* _PROBLEM STATEMENT_
Using the records below, write out again exactly the lines that begin at the line containing "outside the segment." and end at the line containing "-- segment of", and no other lines.

* _ENTRIES PROVIDED_
'''

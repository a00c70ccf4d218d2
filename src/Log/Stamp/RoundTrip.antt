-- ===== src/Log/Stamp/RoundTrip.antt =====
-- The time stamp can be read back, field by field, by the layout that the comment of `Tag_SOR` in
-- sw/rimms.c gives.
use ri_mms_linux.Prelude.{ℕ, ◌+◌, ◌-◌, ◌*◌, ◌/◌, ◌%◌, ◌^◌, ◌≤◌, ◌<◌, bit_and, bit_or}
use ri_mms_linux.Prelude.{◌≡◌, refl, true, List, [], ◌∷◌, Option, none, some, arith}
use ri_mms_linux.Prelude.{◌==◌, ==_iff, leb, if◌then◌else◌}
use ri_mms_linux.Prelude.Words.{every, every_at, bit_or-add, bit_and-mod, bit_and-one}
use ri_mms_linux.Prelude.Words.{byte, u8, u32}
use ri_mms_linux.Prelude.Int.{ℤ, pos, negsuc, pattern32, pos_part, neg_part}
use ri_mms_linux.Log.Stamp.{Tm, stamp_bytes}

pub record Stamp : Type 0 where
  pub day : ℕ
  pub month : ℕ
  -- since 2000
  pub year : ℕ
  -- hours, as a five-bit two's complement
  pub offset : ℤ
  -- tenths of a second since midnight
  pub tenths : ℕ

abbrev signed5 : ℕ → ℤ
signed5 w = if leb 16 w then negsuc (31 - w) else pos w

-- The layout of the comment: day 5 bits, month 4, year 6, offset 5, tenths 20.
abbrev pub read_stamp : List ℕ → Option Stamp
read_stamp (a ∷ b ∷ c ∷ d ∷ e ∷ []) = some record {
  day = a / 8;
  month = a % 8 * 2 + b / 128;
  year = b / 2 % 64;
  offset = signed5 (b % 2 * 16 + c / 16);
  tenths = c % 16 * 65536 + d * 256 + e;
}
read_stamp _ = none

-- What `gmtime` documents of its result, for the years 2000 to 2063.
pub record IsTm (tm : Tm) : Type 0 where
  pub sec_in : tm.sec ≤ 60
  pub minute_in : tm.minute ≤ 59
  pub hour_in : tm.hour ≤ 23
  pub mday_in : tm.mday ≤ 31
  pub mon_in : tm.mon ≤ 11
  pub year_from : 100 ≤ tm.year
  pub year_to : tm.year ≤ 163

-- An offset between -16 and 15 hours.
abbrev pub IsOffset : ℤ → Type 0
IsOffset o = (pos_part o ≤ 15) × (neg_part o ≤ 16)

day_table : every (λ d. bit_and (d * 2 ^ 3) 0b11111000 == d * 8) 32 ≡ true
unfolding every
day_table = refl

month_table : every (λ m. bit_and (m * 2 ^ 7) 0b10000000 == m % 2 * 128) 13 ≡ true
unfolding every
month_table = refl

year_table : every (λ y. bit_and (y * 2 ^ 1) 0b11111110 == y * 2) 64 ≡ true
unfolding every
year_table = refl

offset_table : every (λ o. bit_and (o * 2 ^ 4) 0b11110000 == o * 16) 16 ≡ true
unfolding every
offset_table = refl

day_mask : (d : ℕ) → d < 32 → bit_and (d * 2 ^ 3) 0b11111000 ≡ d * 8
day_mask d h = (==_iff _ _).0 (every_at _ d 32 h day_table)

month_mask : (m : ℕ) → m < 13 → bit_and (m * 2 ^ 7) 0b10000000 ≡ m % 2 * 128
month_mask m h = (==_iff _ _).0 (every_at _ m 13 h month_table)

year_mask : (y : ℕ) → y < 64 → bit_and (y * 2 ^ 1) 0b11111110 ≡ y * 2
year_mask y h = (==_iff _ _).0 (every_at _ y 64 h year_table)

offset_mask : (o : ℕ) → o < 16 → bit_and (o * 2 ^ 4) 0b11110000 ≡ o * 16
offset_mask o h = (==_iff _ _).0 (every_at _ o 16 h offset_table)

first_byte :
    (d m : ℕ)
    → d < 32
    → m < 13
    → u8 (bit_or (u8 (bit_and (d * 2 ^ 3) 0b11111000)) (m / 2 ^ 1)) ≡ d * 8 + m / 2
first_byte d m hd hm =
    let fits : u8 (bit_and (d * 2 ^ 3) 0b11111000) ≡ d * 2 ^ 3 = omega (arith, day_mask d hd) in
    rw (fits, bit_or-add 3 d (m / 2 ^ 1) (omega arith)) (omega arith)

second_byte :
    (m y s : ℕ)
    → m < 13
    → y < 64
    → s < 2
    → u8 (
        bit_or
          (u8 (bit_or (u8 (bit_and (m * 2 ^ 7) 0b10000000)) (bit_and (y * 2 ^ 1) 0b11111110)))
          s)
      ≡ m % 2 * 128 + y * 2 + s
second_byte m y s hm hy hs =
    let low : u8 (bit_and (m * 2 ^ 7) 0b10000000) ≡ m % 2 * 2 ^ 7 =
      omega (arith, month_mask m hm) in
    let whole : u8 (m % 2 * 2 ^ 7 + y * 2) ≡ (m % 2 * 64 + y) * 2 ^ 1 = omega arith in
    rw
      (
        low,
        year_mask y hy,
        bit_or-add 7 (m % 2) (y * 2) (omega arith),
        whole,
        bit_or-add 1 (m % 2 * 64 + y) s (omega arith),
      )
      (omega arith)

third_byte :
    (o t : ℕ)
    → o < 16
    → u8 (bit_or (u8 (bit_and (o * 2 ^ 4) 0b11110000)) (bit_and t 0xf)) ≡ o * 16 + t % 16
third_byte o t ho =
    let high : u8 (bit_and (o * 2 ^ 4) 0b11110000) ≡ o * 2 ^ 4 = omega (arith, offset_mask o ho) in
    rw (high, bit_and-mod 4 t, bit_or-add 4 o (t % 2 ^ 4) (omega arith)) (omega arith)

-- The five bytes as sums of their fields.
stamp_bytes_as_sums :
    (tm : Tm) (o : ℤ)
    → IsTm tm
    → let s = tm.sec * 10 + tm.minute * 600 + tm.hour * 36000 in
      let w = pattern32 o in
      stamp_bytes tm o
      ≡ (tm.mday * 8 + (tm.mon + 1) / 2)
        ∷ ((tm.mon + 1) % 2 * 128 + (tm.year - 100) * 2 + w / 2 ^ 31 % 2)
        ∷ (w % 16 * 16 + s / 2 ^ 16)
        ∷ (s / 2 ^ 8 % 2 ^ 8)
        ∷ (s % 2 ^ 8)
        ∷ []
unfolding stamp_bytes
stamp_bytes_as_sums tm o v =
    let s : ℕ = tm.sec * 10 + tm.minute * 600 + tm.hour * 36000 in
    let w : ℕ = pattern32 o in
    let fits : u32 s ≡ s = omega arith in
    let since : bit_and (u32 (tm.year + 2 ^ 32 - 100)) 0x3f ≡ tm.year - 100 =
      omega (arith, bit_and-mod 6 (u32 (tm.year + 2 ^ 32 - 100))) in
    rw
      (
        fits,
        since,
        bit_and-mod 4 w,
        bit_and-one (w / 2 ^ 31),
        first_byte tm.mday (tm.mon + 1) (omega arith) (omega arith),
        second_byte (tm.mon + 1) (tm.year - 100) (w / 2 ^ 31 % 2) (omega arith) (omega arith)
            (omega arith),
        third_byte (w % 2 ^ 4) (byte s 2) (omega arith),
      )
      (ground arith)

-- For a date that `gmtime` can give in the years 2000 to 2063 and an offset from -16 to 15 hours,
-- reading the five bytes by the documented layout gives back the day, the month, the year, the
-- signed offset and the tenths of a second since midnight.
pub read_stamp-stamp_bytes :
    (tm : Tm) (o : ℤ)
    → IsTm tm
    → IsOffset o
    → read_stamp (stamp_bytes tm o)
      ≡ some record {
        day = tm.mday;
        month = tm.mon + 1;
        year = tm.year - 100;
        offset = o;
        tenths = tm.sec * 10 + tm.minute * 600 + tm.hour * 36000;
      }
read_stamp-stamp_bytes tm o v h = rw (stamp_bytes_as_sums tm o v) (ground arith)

'''
'''

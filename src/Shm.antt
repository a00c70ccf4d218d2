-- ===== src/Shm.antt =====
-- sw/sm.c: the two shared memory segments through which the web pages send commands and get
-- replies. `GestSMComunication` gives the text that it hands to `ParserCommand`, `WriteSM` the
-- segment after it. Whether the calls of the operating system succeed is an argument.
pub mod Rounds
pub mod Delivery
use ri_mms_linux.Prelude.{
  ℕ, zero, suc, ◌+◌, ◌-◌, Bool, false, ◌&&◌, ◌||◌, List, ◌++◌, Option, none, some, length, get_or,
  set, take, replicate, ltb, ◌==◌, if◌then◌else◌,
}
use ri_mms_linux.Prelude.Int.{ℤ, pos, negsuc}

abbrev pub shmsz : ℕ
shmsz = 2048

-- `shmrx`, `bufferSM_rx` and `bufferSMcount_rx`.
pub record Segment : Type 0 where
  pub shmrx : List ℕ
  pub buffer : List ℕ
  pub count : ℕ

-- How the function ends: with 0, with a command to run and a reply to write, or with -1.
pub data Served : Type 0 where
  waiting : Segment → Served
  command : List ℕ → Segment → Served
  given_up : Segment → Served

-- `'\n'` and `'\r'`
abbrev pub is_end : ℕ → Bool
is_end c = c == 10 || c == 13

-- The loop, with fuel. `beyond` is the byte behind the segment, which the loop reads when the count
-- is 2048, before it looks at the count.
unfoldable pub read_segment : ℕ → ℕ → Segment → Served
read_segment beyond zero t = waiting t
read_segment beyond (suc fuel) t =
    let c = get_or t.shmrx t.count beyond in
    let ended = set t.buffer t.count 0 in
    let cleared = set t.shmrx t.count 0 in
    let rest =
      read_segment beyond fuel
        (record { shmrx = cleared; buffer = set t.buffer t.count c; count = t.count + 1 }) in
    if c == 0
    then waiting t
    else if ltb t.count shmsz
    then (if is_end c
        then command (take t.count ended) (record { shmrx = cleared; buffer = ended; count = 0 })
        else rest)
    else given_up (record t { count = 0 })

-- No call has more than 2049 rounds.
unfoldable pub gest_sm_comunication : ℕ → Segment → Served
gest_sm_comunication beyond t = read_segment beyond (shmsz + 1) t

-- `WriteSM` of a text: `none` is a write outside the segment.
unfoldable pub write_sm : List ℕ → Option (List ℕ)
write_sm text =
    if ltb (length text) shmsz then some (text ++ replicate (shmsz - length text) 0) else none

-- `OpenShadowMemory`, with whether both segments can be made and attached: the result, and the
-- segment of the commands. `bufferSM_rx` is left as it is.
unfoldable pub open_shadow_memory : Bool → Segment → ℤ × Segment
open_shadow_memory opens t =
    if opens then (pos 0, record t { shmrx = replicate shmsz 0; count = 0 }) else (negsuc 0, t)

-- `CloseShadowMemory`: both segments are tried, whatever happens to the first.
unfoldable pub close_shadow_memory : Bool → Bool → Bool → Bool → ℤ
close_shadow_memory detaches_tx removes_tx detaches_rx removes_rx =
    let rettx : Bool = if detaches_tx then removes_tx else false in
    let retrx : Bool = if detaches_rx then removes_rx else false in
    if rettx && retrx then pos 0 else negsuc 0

'''

* _TASK ANSWER_
-- `WriteSM` of a text: `none` is a write outside the segment.
unfoldable pub write_sm : List ℕ → Option (List ℕ)
write_sm text =
    if ltb (length text) shmsz then some (text ++ replicate (shmsz - length text) 0) else none

-- `OpenShadowMemory`, with whether both segments can be made and attached: the result, and the
-- segment of the commands. `bufferSM_rx` is left as it is.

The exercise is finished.